What if we crafted another hypothesis, one that could better handle the data? Consider this theory.

$A_D$ = a cake with “Happy Birthday Luke!” on it was accidentally delivered to my house.

Unlike $A$, $A_D$ can explain both $D_1$ and $D_2$. Thus, the likelihoods of $A_D$ and $W$ are about equal: $p(D_1D_2 | WB) \approx p(D_1D_2 | A_DB)$. Does the fact that I can modify my theory to give it a near perfect likelihood sabotage the Bayesian approach?

Intuitively, we would think that however unlikely it is that a cake would be accidentally delivered to my house, it is much less likely that it would be delivered to my house and have “Happy Birthday Luke!” on it. We can show this more formally, since $A_D$ is a conjunction of propositions $A_D = A A'$, where

$A'$ = The cake has “Happy Birthday Luke!” on it, written in icing.
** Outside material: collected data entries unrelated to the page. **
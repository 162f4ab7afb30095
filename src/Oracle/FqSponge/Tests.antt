-- ===== src/Oracle/FqSponge/Tests.antt =====
-- Runs of the model of oracle/src/sponge.rs with a sponge of 55 rounds, in the base field of Pallas.
use proof_systems.Prelude.{◌+◌, ◌<◌, ◌^◌, ◌≡◌, ltb, true, false, List, [], ◌∷◌, ◌++◌, arith}
use proof_systems.Outcome.{ok, ◌>>=◌}
use proof_systems.Field.Pallas.{
  Fp, pallas, element, pallas-IsRing, pallas-IsCanonical, pallas-IsRepr, pallas-modulus,
}
use proof_systems.Oracle.Sponge.{absorb}
use proof_systems.Oracle.Constants.{kimchi}
use proof_systems.Hasher.Sample.{fresh, fresh-IsValid}
use proof_systems.Oracle.FqSponge.{
  DefaultFqSponge, GroupAffine, squeeze_limbs, challenge, absorb_fr,
}
use proof_systems.Oracle.FqSponge.Limbs.{IsFqSponge, challenge_lt}
use proof_systems.Oracle.FqSponge.Order.{squeeze_limbs-add}
use proof_systems.Oracle.FqSponge.Absorb.{encode_scalar, encode_scalars, absorb_fr-encode}

-- A sponge that keeps one limb.
kept : DefaultFqSponge Fp
kept = record { sponge = fresh; last_squeezed = 9 ∷ [] }

kept-IsFqSponge : IsFqSponge kimchi kept
unfolding kept
kept-IsFqSponge = record { sponge_valid = fresh-IsValid; kept_limbs = (omega arith, tt) }

challenge_lt_example :
    (x : Fp) × (s' : DefaultFqSponge Fp) × (challenge kimchi kept ≡ ok (x, s'))
    × (pallas-IsCanonical.value x < 2 ^ 128)
    × IsFqSponge kimchi s'
challenge_lt_example =
    challenge_lt kimchi pallas-IsRepr kept kept-IsFqSponge (let m = pallas-modulus in omega arith)

squeeze_limbs-add_example : squeeze_limbs kimchi (1 + 3) kept ≡ (
    squeeze_limbs kimchi 1 kept >>= λ r. squeeze_limbs kimchi 3 r.1 >>= λ t. ok (r.0 ++ t.0, t.1))
squeeze_limbs-add_example = squeeze_limbs-add kimchi 1 3 kept

points : List (GroupAffine Fp)
points =
    record { x = element 3; y = element 4; infinity = false }
    ∷ record { x = element 1; y = element 1; infinity = true }
    ∷ []

absorb_fr-encode_example :
    ((xs : List Fp) (self : DefaultFqSponge Fp)
      → absorb_fr kimchi pallas-IsCanonical.modulus pallas-IsCanonical.modulus xs self ≡ (
          absorb kimchi
            (encode_scalars (ltb pallas-IsCanonical.modulus pallas-IsCanonical.modulus) xs)
            self.sponge
          >>= λ s. ok (record { sponge = s; last_squeezed = [] })))
    × ((x y : Fp)
        → encode_scalar {F = Fp} (ltb pallas-IsCanonical.modulus pallas-IsCanonical.modulus) x
          ≡ encode_scalar (ltb pallas-IsCanonical.modulus pallas-IsCanonical.modulus) y
        → x ≡ y)
absorb_fr-encode_example =
    absorb_fr-encode kimchi pallas-IsRepr pallas-IsRepr pallas-IsRing
      (let m = pallas-modulus in omega arith) (let m = pallas-modulus in omega arith)
      (let m = pallas-modulus in omega arith)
But the statement $A'$ is simply the statement $D_2$. Thus $A_D = A D_2$. Recall that, for Bayes’ Theorem, what matters is the product of the likelihood and the prior. Thus,

$p(D_1 D_2 | A_D B) ~ p(A_D | B)$

$= p(D_1 D_2 | A D_2 B) ~ p(A D_2 | B)$

$= p(D_1|A D_2B) ~ p(D_2|AB) ~ p(A|B)$

$= p(D_1 D_2 | A B) ~ p(A | B)$

Thus, the product of the likelihood and the prior the same for the ad hoc theory $A_D$ and the original theory $A$. You can’t win the Bayesian game by stapling the data to your theory. Ad hoc theories, by purchasing a better likelihood at the expense of a worse prior, get you nowhere in Bayes’ theorem. It’s the postulates that matter. Bayes’ Theorem is not distracted by data smuggled into the hypothesis.

### Too strong?

While all this is nice, it does assume rather strong conditions. It requires that the theory in question explicitly includes the evidence. If we look closely at the statements that make up $T$, we will find $D$ amongst them, i.e. we can write the theory as $T = T' D$. A theory can be jerry-rigged without being this obvious. I’ll have a closer look at this in a later post.